Au milieu de tout cela, notre discours qui consistait à apporter les preuves de l’antisémitisme Frédéric Jamet était rendu complètement inaudible. Alors qu’il aurait suffit d’une foule forte, solidaire et déterminée pour virer ces quelques individus, ils ont pu compter sur une partie des gens présents pour les soutenir.

Ces personnalités d’extrême droite n’ont rien à faire dans nos manifs. Peu importe qu’ils détestent Macron, peu importe qu’ils détestent la police (ici, ce n’est visiblement même pas le cas puisqu’on a affaire à un ancien keuf…), nous ne pouvons pas militer ensemble. D’abord par principe, mais aussi parce qu’ils sont nuisibles pour nos luttes. Rappelons les insultes proférées par un certain « Mike Rambo », GJ bien connu sur les réseaux sociaux, contre des travailleuses du sexe et des personnes trans en tête de la manif du 9 mars 2020. Il avait voulu alors avec ses potes prendre la tête d’une manifestation féministe, tout en se prétendant antifa pour avoir la paix. Depuis, le mot circule dans les milieux féministes que des antifas ont agressé des meufs ce jour-là… Certes c’est faux, mais nous n’avons pas pu virer ces types à cause de la passivité des personnes présentes dans la manif.

Vouloir les virer de nos luttes est tout à fait légitime et n’enlèvera rien à notre force, bien au contraire. Encore faut-il avoir le courage de ne pas rester passif-ve-s face à ces hommes. Ou bien d’avoir le discernement de comprendre qu’ils ne sont pas nos alliés mais nos ennemis politiques.

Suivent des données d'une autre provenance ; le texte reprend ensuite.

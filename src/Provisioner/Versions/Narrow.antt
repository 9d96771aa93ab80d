-- ===== src/Provisioner/Versions/Narrow.antt =====
-- The narrowing of version numbers to 32 bits, and what ActivateVersion sends.
use apprun_dedicated_provisi.Base.{
  ◌<◌, ◌^◌, ◌%◌, ltb, String, some, [], ◌∷◌, ◌≢◌, ℤ, pos, negsuc, ◌≡◌, ap, subst, ◌↔◌, arith,
  Bool-cases, inl, inr,
}
use apprun_dedicated_provisi.Api.{Nil, nil_to, UpdateApplication}
use apprun_dedicated_provisi.Platform.{Platform}
use apprun_dedicated_provisi.Platform.Steps.{Follows}
use apprun_dedicated_provisi.Provisioner.Apply.{to_int32, activation}
use apprun_dedicated_provisi.Provisioner.Versions.{activate_version}
use apprun_dedicated_provisi.Provisioner.Versions.Calls.{change_of, activate_version-Follows}

-- An int32 can hold the number.
abbrev pub IsInt32 : ℤ → Type 0
IsInt32 (pos n) = n < 2 ^ 31
IsInt32 (negsuc n) = n < 2 ^ 31

to_int32-IsInt32 : (v : ℤ) → IsInt32 (to_int32 v)
unfolding to_int32
to_int32-IsInt32 (pos n) = elim (Bool-cases (ltb (n % 4294967296) 2147483648)) [
  | inl low ↦ rw (low, to_int32) (ground arith)
  | inr high ↦ rw (high, to_int32) (ground arith)
]
to_int32-IsInt32 (negsuc n) = elim (Bool-cases (ltb (n % 4294967296) 2147483648)) [
  | inl low ↦ rw (low, to_int32) (ground arith)
  | inr high ↦ rw (high, to_int32) (ground arith)
]

to_int32_same : (v : ℤ) → IsInt32 v → to_int32 v ≡ v
unfolding to_int32
to_int32_same (pos n) h =
    let small : n % 4294967296 ≡ n = omega (arith, h) in ground (arith, small, h)
to_int32_same (negsuc n) h =
    let small : n % 4294967296 ≡ n = omega (arith, h) in ground (arith, small, h)

-- Whatever the service answers: if a version is given, that is not 0, the one change that
-- ActivateVersion asks the service for makes a version active whose number an int32 can hold, and it is
-- the given version exactly when an int32 can hold that one. ActivateVersion has asked for it if it
-- returns, and for nothing else if it fails.
pub activate_version-bounds_iff :
    (P : Platform) (cluster app : String) (version : ℤ)
    → version ≢ pos 0
    → (sent : UpdateApplication) × Follows change_of
        (some sent ∷ [])
        (activate_version P cluster app version)
      × IsInt32 sent.active_version.value
      × ((sent.active_version ≡ nil_to version) ↔ IsInt32 version)
activate_version-bounds_iff P cluster app version given = (
  activation version,
  activate_version-Follows P cluster app version given,
  to_int32-IsInt32 version,
  (
    (λ e. subst IsInt32 (ap (λ (n : Nil ℤ). n.value) e) (to_int32-IsInt32 version)),
    (λ h. ap nil_to (to_int32_same version h)),
  ),
)
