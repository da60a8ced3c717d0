-- ===== src/Command/Process.antt =====
-- cmd/multistage-docker-worker: the process, from `main` to its exit status, with the run of the
-- worker (internal/worker/worker.go). The logger of zap and the parsing of the command line are parameters.
pub mod Ends
use taskcluster_multistage_d.Common.{
  ℕ, Bool, Option, none, some, List, [], ◌∷◌, String, if◌then◌else◌,
}
use taskcluster_multistage_d.Exception.{Error, plain}
use taskcluster_multistage_d.Worker.Calls.{Result, ok, err}
use taskcluster_multistage_d.Worker.Claim.{TaskClaim}
use taskcluster_multistage_d.Worker.Loop.{
  Config, Exit, context_error, immediate_stop, nothing, shutdown_result,
}
use taskcluster_multistage_d.Worker.Loop.System.{Status, looping, returned, panicked, stuck}
use taskcluster_multistage_d.Worker.Loop.Signals.{Worker, Input, Retry, run_worker, begin}
use taskcluster_multistage_d.Worker.Setup.{Worker as Prepared}
use taskcluster_multistage_d.WorkerProto.Communicator.{Communicator}
use taskcluster_multistage_d.Command.{CommandWorld, Flags, Runner, Started, run_command, shut_down}

-- `zap.NewProduction`, and `kong.Parse`, which ends the process on its own (`none`) if it
-- cannot use the command line.
pub record MainWorld : Type 0 where
  pub new_production : Option Error
  pub parse : Option Flags
  pub command_world : CommandWorld

-- How far the process is. `usage`: kong ended it. `crashed`: a panic, of `main` or of the loop.
pub data Process : Type 0 where
  serving : Process
  blocked : Process
  usage : Process
  crashed : Process
  exited : ℕ → Process

-- The fields that the main loop reads.
abbrev pub loop_config : Prepared String → Config
loop_config w = record {
  concurrent_tasks = w.config.concurrent_tasks;
  shutdown_on_idle_seconds = w.config.shutdown_on_idle_seconds;
}

abbrev pub error_of {ℓ} : {A : Type ℓ} → Result A → Option Error
error_of (ok a) = none
error_of (err e) = some e

-- The error of `Worker.Run`: `ctx.Err()` is nil unless the context of the command was cancelled.
unfoldable pub run_error : Option Communicator → Bool → Exit → Option Error
run_error c cancelled context_error = if cancelled then some (plain "context canceled") else none
run_error c cancelled immediate_stop = some (plain "immediate graceful shutdown")
run_error c cancelled nothing = none
run_error c cancelled shutdown_result = error_of (shut_down c)

-- `os.Exit(1)` after an error.
abbrev pub exit_status : Option Error → Process
exit_status none = exited 0
exit_status (some e) = exited 1

abbrev pub after_status : Option Communicator → Bool → Status → Process
after_status c cancelled looping = serving
after_status c cancelled stuck = blocked
after_status c cancelled panicked = crashed
after_status c cancelled (returned e) = exit_status (run_error c cancelled e)

-- Signals and what else happens to the worker are its inputs.
abbrev pub after_run : Option Communicator → Worker → Process
after_run c w = after_status c w.cancelled w.system.status

module _ (gives_up : Retry) (queue : ℕ → ℕ → List TaskClaim) where
  abbrev pub after_start : ℕ → List Input → Started → Result (Prepared String) → Process
  after_start now is s (err e) = exit_status (some e)
  after_start now is s (ok w) =
      after_run s.runner.communicator
        (run_worker gives_up queue (loop_config w) is (begin (loop_config w) now))

  abbrev pub after_parse : MainWorld → ℕ → List Input → Option Flags → Process
  after_parse m now is none = usage
  after_parse m now is (some flags) =
      let s = run_command m.command_world flags in after_start now is s s.worker

  abbrev pub after_log : MainWorld → ℕ → List Input → Option Error → Process
  after_log m now is (some e) = crashed
  after_log m now is none = after_parse m now is m.parse

  -- `main`, once the inputs have come.
  unfoldable pub run_main : MainWorld → ℕ → List Input → Process
  run_main m now is = after_log m now is m.new_production
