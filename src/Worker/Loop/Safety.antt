-- ===== src/Worker/Loop/Safety.antt =====
-- What `Worker.Run` (internal/worker/worker.go) promises over every sequence of events.
use taskcluster_multistage_d.Common.{
  ℕ, zero, suc, ◌+◌, ◌≤◌, ◌<◌, ◌≡◌, ◌≢◌, ◌⊎◌, false, List, length, ltb, if◌then◌else◌, arith,
}
use taskcluster_multistage_d.Worker.Claim.{TaskClaim}
use taskcluster_multistage_d.Worker.Loop.{Config, Exit, immediate_stop}
use taskcluster_multistage_d.Worker.Loop.System.{
  waiting, looping, returned, panicked, stuck, Event, range_from, start, run,
}
use taskcluster_multistage_d.Worker.Loop.Slots.{count, slots_of}
use taskcluster_multistage_d.Worker.Loop.Invariant.{Good, start-Good}
use taskcluster_multistage_d.Worker.Loop.Runs.{IsModest, run-Good}

count-range :
    (y i n : ℕ) → count y (range_from i n) ≡ (if ltb y i then 0 else if ltb y (i + n) then 1 else 0)
count-range y i zero = ground arith
count-range y i (suc n) = ground (arith, count-range y (suc i) n)

good :
    (queue : ℕ → ℕ → List TaskClaim)
    → IsModest queue
    → (cfg : Config) (now : ℕ) (es : List Event) → Good cfg (run queue cfg es (start cfg now))
good queue modest cfg now es = run-Good queue modest cfg es (start cfg now) (start-Good cfg now)

-- If the queue answers with no more tasks than it was asked for, then after every sequence of
-- events the loop has not panicked on an empty `freeSlots`, and is not blocked in a send to
-- `workReq`.
pub run-safe :
    (queue : ℕ → ℕ → List TaskClaim)
    → IsModest queue
    → (cfg : Config) (now : ℕ) (es : List Event)
    → ((run queue cfg es (start cfg now)).status ≢ panicked)
      × ((run queue cfg es (start cfg now)).status ≢ stuck)
run-safe queue modest cfg now es = let g = good queue modest cfg now es in (g.no_panic, g.not_stuck)

-- If the queue answers with no more tasks than it was asked for, then while the loop runs, each of
-- the slots 0, …, ConcurrentTasks - 1 is in one place and once only: free, held by one running task,
-- or in the channel `completedTasks`; and there is no other slot. So no more than ConcurrentTasks
-- tasks run, and no more than that many values are in the channel, which is its capacity.
pub run-slots :
    (queue : ℕ → ℕ → List TaskClaim)
    → IsModest queue
    → (cfg : Config) (now : ℕ) (es : List Event) (slot : ℕ)
    → (run queue cfg es (start cfg now)).status ≡ looping
    → let s = run queue cfg es (start cfg now) in
      (count slot s.loop.free_slots + count slot (slots_of s.running) + count slot s.completed
        ≡ (if ltb slot cfg.concurrent_tasks then 1 else 0))
      × (length s.running + length s.completed ≤ cfg.concurrent_tasks)
run-slots queue modest cfg now es slot on =
    let g = good queue modest cfg now es in
    (
      ground (arith, g.shared slot on, count-range slot 0 cfg.concurrent_tasks),
      omega (arith, g.counted on),
    )

-- If the queue answers with no more tasks than it was asked for, then while the loop runs, is not
-- shutting down and has a free slot, the goroutine that claims work is not waiting for a request:
-- it is claiming, has a response to hand over, or has returned.
pub run-asks :
    (queue : ℕ → ℕ → List TaskClaim)
    → IsModest queue
    → (cfg : Config) (now : ℕ) (es : List Event)
    → (run queue cfg es (start cfg now)).status ≡ looping
    → (run queue cfg es (start cfg now)).loop.is_shutting_down ≡ false
    → 0 < length (run queue cfg es (start cfg now)).loop.free_slots
    → (run queue cfg es (start cfg now)).claimer ≢ waiting
run-asks queue modest cfg now es on up free h =
    let g = good queue modest cfg now es in ground (arith, g.full_used on, g.active on up)

-- If the queue answers with no more tasks than it was asked for, then whenever the loop returns, no
-- task runs and none is still to be collected, unless it was told to stop at once.
pub run-returned :
    (queue : ℕ → ℕ → List TaskClaim)
    → IsModest queue
    → (cfg : Config) (now : ℕ) (es : List Event) (e : Exit)
    → (run queue cfg es (start cfg now)).status ≡ returned e
    → (e ≡ immediate_stop)
      ⊎ ((length (run queue cfg es (start cfg now)).running ≡ 0)
          × (length (run queue cfg es (start cfg now)).completed ≡ 0))
run-returned queue modest cfg now es e h = (good queue modest cfg now es).exit_idle e h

Ces hommes luttent contre ce qu’ils appellent « l’ordre sioniste mondial ». C’est une stratégie politique pour eux d’infiltrer les milieux Gilets Jaunes. En 2018 et début 2019 plusieurs antifa parisien-ne-s s’étaient rassemblé-e-s pour virer les Zouaves et Benedetti des manifs GJ. Le combat n’est pas fini, ces types sont de la même trempe. D’ailleurs, Frédéric Jamet est proche à la fois des Zouaves et de Benedetti. Il est donc de la plus haute importance de ne pas relâcher notre vigilance et de nous unir face à ces barbouzes.

Mais le problème est en réalité double. D’abord, il y a l’attitude ambiguë des personnes, militantes ou non, qui ne comprennent pas pourquoi la présence d’antisémites parmi nous pose problème. C’est celui que nous venons d’évoquer et qui peut se résoudre en discutant sur place, en essayant de gagner ces gens à notre discours. Parfois, iels sont à l’écoute. Beaucoup de GJ notamment se sont formé-e-s sur le terrain et continuent à chercher leurs marques politiquement. Le second problème qui nous a frappé aujourd’hui est lié à l’attitude de militants formés et qui se revendiquent explicitement de l’antifascisme. Nous avons été choqué-e-s de voir certains d’entre eux ricaner, balancer volontairement des phrases confusionnistes de loin pour exciter le conflit, puis faire comme si de rien n’était. Tout ce qu’il fallait, c’était se bouger pour défendre nos principes. On espère que la prochaine fois, certains se rappelleront qu’ils sont censés en avoir.